> [TO DO] Please output each entry exactly as it appears.

> [AVAILABLE DATA]

- - - - - - -

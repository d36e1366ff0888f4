-- ===== src/Tests/GlobalTests.antt =====
-- The global functions of an engine.
use node_qml.Prelude.{ap, subst, ◌≡◌, refl, [], ◌∷◌, pos}
use node_qml.Engine.{State, state_of}
use node_qml.Engine.Registry.{Natives}
use node_qml.Engine.Fires.{QuitsWhenIdle}
use node_qml.Module.{finished}
use node_qml.Module.Scripted.{Sequence, at_end, OnlyCalls}
use node_qml.Module.{Ran, aborted, unending}
use node_qml.Globals.{method_set_timeout}
use node_qml.Globals.Calls.{
  Call, set_timeout_call, call_global, Calls, no_call, one_more, Calls-QuitsWhenIdle,
}
use node_qml.Tests.Hosts.{Js, js, function, int}
use node_qml.Tests.EngineTests.{new_engine, new_engine-IsFresh, idle, idle-KeepsSteps}
use node_qml.Tests.ModuleTests.{disk, quiet}

-- The state that a run ended in.
abbrev pub end_of : State Js → Ran (State Js) → State Js
end_of other (finished t) = t
end_of other aborted = other
end_of other unending = other

quiet-OnlyCalls : OnlyCalls js quiet
quiet-OnlyCalls = record {
  calls =
      λ require globals source s t e. subst (Sequence js require s) (ap (end_of s) e) (at_end s);
}

abbrev timeout_call : Call js
timeout_call = set_timeout_call (function 7 ∷ int (pos 20) ∷ []) (pos 5)

abbrev waiting : State Js
waiting = state_of (method_set_timeout js (function 7 ∷ int (pos 20) ∷ []) (pos 5) new_engine)

set_up : call_global js disk quiet idle 3 timeout_call new_engine ≡ finished waiting
unfolding call_global
set_up = refl

to_waiting : Calls js disk quiet idle new_engine waiting
to_waiting = one_more 3 timeout_call new_engine waiting waiting refl set_up (no_call waiting)

Calls-QuitsWhenIdle_example : QuitsWhenIdle waiting
Calls-QuitsWhenIdle_example =
    Calls-QuitsWhenIdle js disk quiet idle quiet-OnlyCalls idle-KeepsSteps new_engine waiting
      new_engine-IsFresh to_waiting

abbrev pub natives : Natives Js
natives = record { file_system = function 1; os = function 2; path = function 3; util = function 4 }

- - - - - - -

> [ANSWER SPACE]
repository d36e1366ff0888f4
-- ===== src/Tests/GlobalTests.antt =====
-- The global functions of an engine.
use node_qml.Prelude.{ap, subst, ◌≡◌, refl, [], ◌∷◌, pos}
use node_qml.Engine.{State, state_of}
use node_qml.Engine.Registry.{Natives}
use node_qml.Engine.Fires.{QuitsWhenIdle}
use node_qml.Module.{finished}
use node_qml.Module.Scripted.{Sequence, at_end, OnlyCalls}
use node_qml.Module.{Ran, aborted, unending}
use node_qml.Globals.{method_set_timeout}
use node_qml.Globals.Calls.{
  Call, set_timeout_call, call_global, Calls, no_call, one_more, Calls-QuitsWhenIdle,
}
use node_qml.Tests.Hosts.{Js, js, function, int}
use node_qml.Tests.EngineTests.{new_engine, new_engine-IsFresh, idle, idle-KeepsSteps}
use node_qml.Tests.ModuleTests.{disk, quiet}

-- The state that a run ended in.
abbrev pub end_of : State Js → Ran (State Js) → State Js
end_of other (finished t) = t
end_of other aborted = other
end_of other unending = other

quiet-OnlyCalls : OnlyCalls js quiet
quiet-OnlyCalls = record {
  calls =
      λ require globals source s t e. subst (Sequence js require s) (ap (end_of s) e) (at_end s);
}

abbrev timeout_call : Call js
timeout_call = set_timeout_call (function 7 ∷ int (pos 20) ∷ []) (pos 5)

abbrev waiting : State Js
waiting = state_of (method_set_timeout js (function 7 ∷ int (pos 20) ∷ []) (pos 5) new_engine)

set_up : call_global js disk quiet idle 3 timeout_call new_engine ≡ finished waiting
unfolding call_global
set_up = refl

to_waiting : Calls js disk quiet idle new_engine waiting
to_waiting = one_more 3 timeout_call new_engine waiting waiting refl set_up (no_call waiting)

Calls-QuitsWhenIdle_example : QuitsWhenIdle waiting
Calls-QuitsWhenIdle_example =
    Calls-QuitsWhenIdle js disk quiet idle quiet-OnlyCalls idle-KeepsSteps new_engine waiting
      new_engine-IsFresh to_waiting

abbrev pub natives : Natives Js
natives = record { file_system = function 1; os = function 2; path = function 3; util = function 4 }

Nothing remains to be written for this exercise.